IPv6 Address Planning

Lars Erik Gullerud lerik at nolink.net
Tue Aug 16 17:08:22 CEST 2005


On Mon, 15 Aug 2005, Roger Jorgensen wrote:

> On Sun, 14 Aug 2005, Dan Reeder wrote:
>>
>>> - doesn't accommodate for the 128 reserved anycast addresses, but a / 120
>>> does
>>
>> why is there a need for anycast on a peer-to-peer link? there should be no
>> data on that link except data sent specifically from one end to the other.
>
> it's not really an options, it's the way it is, just accept it.

"The reasonable man adapts himself to the world; the unreasonable one 
persists to adapt the world to himself.

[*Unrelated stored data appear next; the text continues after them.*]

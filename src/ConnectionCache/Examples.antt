-- ===== src/ConnectionCache/Examples.antt =====
-- Two servers of one type.
use cpp_assistant.Prelude.{
  ℕ, ◌≡◌, ◌≤◌, refl, true, false, Option, none, some, List, [], ◌∷◌, ℤ, pos, negsuc, length, max,
  get_elem?, ◌↔◌, text_eq,
}
use cpp_assistant.Prelude.TextMap.{text_lt, find}
use cpp_assistant.Strings.{Text}
use cpp_assistant.TimedTasks.{ret_ok}
use cpp_assistant.Network.{NetConnection, status_connected}
use cpp_assistant.Network.Fragments.{SendCall, sent, Sending, send_loop, send_fragment}
use cpp_assistant.Dictionary.{Dict, char_dict_add_element, char_dict_find_value, add_key}
use cpp_assistant.Dictionary.Listed.{Entries, listed, add_entry}
use cpp_assistant.ConnectionCache.{
  ConnIndex, ServerGroup, group_insert, names_of, ConnectionCache, create_cache, group_added,
  add_connection, pick_one_connection, send_policy_by_id,
}
use cpp_assistant.ConnectionCache.Sends.{send_to_all}
use cpp_assistant.ConnectionCache.Picking.{PickedFrom, pick_one_connection_finds}
use cpp_assistant.ConnectionCache.Broadcast.{send_to_all_bound}
use cpp_assistant.ConnectionCache.Runs.{
  blank, Reachable, constructed, after_create, after_add, names_of_type,
}

abbrev dict : Dict ConnIndex
dict = listed

-- "gw", the type, and the names "a" and "b".
abbrev gw : Text
gw = 103 ∷ 119 ∷ []

abbrev name_a : Text
name_a = 97 ∷ []

abbrev name_b : Text
name_b = 98 ∷ []

abbrev link : NetConnection
link = record {
  fd = pos 5;
  self_ip = [];
  self_port = 0;
  self_name = [];
  peer_ip = [];
  peer_port = 0;
  peer_name = name_b;
  conn_status = status_connected;
  is_blocking = false;
  is_validated = true;
  send_buf = none;
  recv_buf = none;
  last_op_time = pos 0;
}

abbrev server : Option NetConnection → ConnIndex
server conn = record {
  server_type = gw;
  is_server = true;
  conn_alias = [];
  peer_ip = [];
  peer_port = 7000;
  conn_detail = conn;
  fd = pos 5;
  is_master = true;
}

a_fresh : find {V = ConnIndex} name_a [] ≡ none
unfolding find
a_fresh = refl

b_fresh : find name_b ((name_a, server none) ∷ []) ≡ none
unfolding find text_eq
b_fresh = refl

abbrev one_entry : Entries ConnIndex
one_entry = ((name_a, server none) ∷ [], (a_fresh, tt))

-- "a" is not connected, "b" is.
abbrev two_entries : Entries ConnIndex
two_entries = ((name_b, server (some link)) ∷ (name_a, server none) ∷ [], (b_fresh, (a_fresh, tt)))

abbrev pair_of_names : ServerGroup
pair_of_names = (gw, name_a) ∷ (gw, name_b) ∷ []

abbrev two_servers : ConnectionCache dict
two_servers = record { dictionary = some two_entries; type_group = some pair_of_names }

two_servers-Reachable : Reachable dict two_servers
unfolding create_cache add_connection group_added char_dict_add_element add_key add_entry
    group_insert text_lt find text_eq a_fresh b_fresh
two_servers-Reachable =
    after_add
      {cache = record { dictionary = some one_entry; type_group = some ((gw, name_a) ∷ []) }}
      {ret = ret_ok}
      (after_add {cache = record { dictionary = some ([], tt); type_group = some [] }}
        {ret = ret_ok} (after_create {cache = blank dict} constructed true true) name_a
        (server none) (pos 1) true refl)
      name_b (server (some link)) (pos 1) true refl

names_of_type_example :
    ((i : ℕ) × (get_elem? (names_of gw pair_of_names) i ≡ some name_b))
    ↔ ((c : ConnIndex) × (find name_b two_entries.0 ≡ some c) × (c.server_type ≡ gw))
names_of_type_example =
    names_of_type dict two_servers two_entries pair_of_names gw name_b two_servers-Reachable refl
      refl

-- Of the two names the search begins with the first, which has no connection.
pick_one_connection_finds_example :
    (picked : Option ConnIndex) × (pick_one_connection dict two_servers
        (some gw)
        send_policy_by_id
        (pos 4)
        true
        0
      ≡ some picked)
    × PickedFrom dict two_servers true (names_of gw pair_of_names) picked
unfolding names_of char_dict_find_value find text_eq
pick_one_connection_finds_example =
    pick_one_connection_finds dict two_servers true gw send_policy_by_id (pos 4) 0 pair_of_names 1
      name_b (server (some link)) refl refl refl

-- Each call of `send` takes all three bytes.
abbrev takes_all : ℤ → List SendCall
takes_all fd = sent 3 ∷ []

abbrev three_sent : Sending
three_sent = record { ret = pos 3; wire = 1 ∷ 2 ∷ 3 ∷ []; calls = [] }

three_go :
    (fd : ℤ)
    → (s : Sending) × (send_fragment fd (some (1 ∷ 2 ∷ 3 ∷ [])) (pos 3) (sent 3 ∷ []) ≡ some s)
unfolding send_fragment send_loop
three_go (pos n) = (three_sent, refl)
three_go (negsuc n) = (_, refl)

send_to_all_bound_example :
    (ret : ℤ) × (receivers : List Text) × (send_to_all dict takes_all two_servers gw
        (pos 1)
        (1 ∷ 2 ∷ 3 ∷ [])
        (pos 3)
      ≡ some (ret, receivers))
    × (length receivers ≤ max 1 1)
send_to_all_bound_example =
    send_to_all_bound dict takes_all two_servers gw 1 (1 ∷ 2 ∷ 3 ∷ []) (pos 3) pair_of_names
      three_go refl

abbrev link_up : ConnectionCache dict
link_up = record { dictionary = some two_entries; type_group = some ((gw, name_b) ∷ []) }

Therefore all progress depends on 
the unreasonable man." - George Bernard Shaw

Accepting that you'd need space for 128 reserved anycast addresses on a 
p-t-p link is not something I'm prepared to do, I prefer to remain 
unreasonable. :)

>> Honestly folks, talk about storm in a teacup. Its logical, its simple,
>> nothing is broken: it just works.
>
> it don't juts work, the /128, /127, /126 is a good exampe of that, due to
> change a /127 isn't usable over night :}

/127 still seem to work just fine on my gear, fwiw. Although we use /126 
ourselves in the production network, and are considering standardizing 
on /124 instead due to them being more "human-friendly".

> the only way you can be guaranatied it will work are to use /64, or /112
> as everyone claim is okay...

Or, if it turns out "everyone" is actually using longer prefixes, then the 
vendors will make sure to support it. They follow the money. And don't 
particularly care what the academics and other non-ops people who spend 
their time bickering in various IETF-WGs over pointless details says as 
long as their real-world customers pay.

Sometimes capitalism actually works rather well.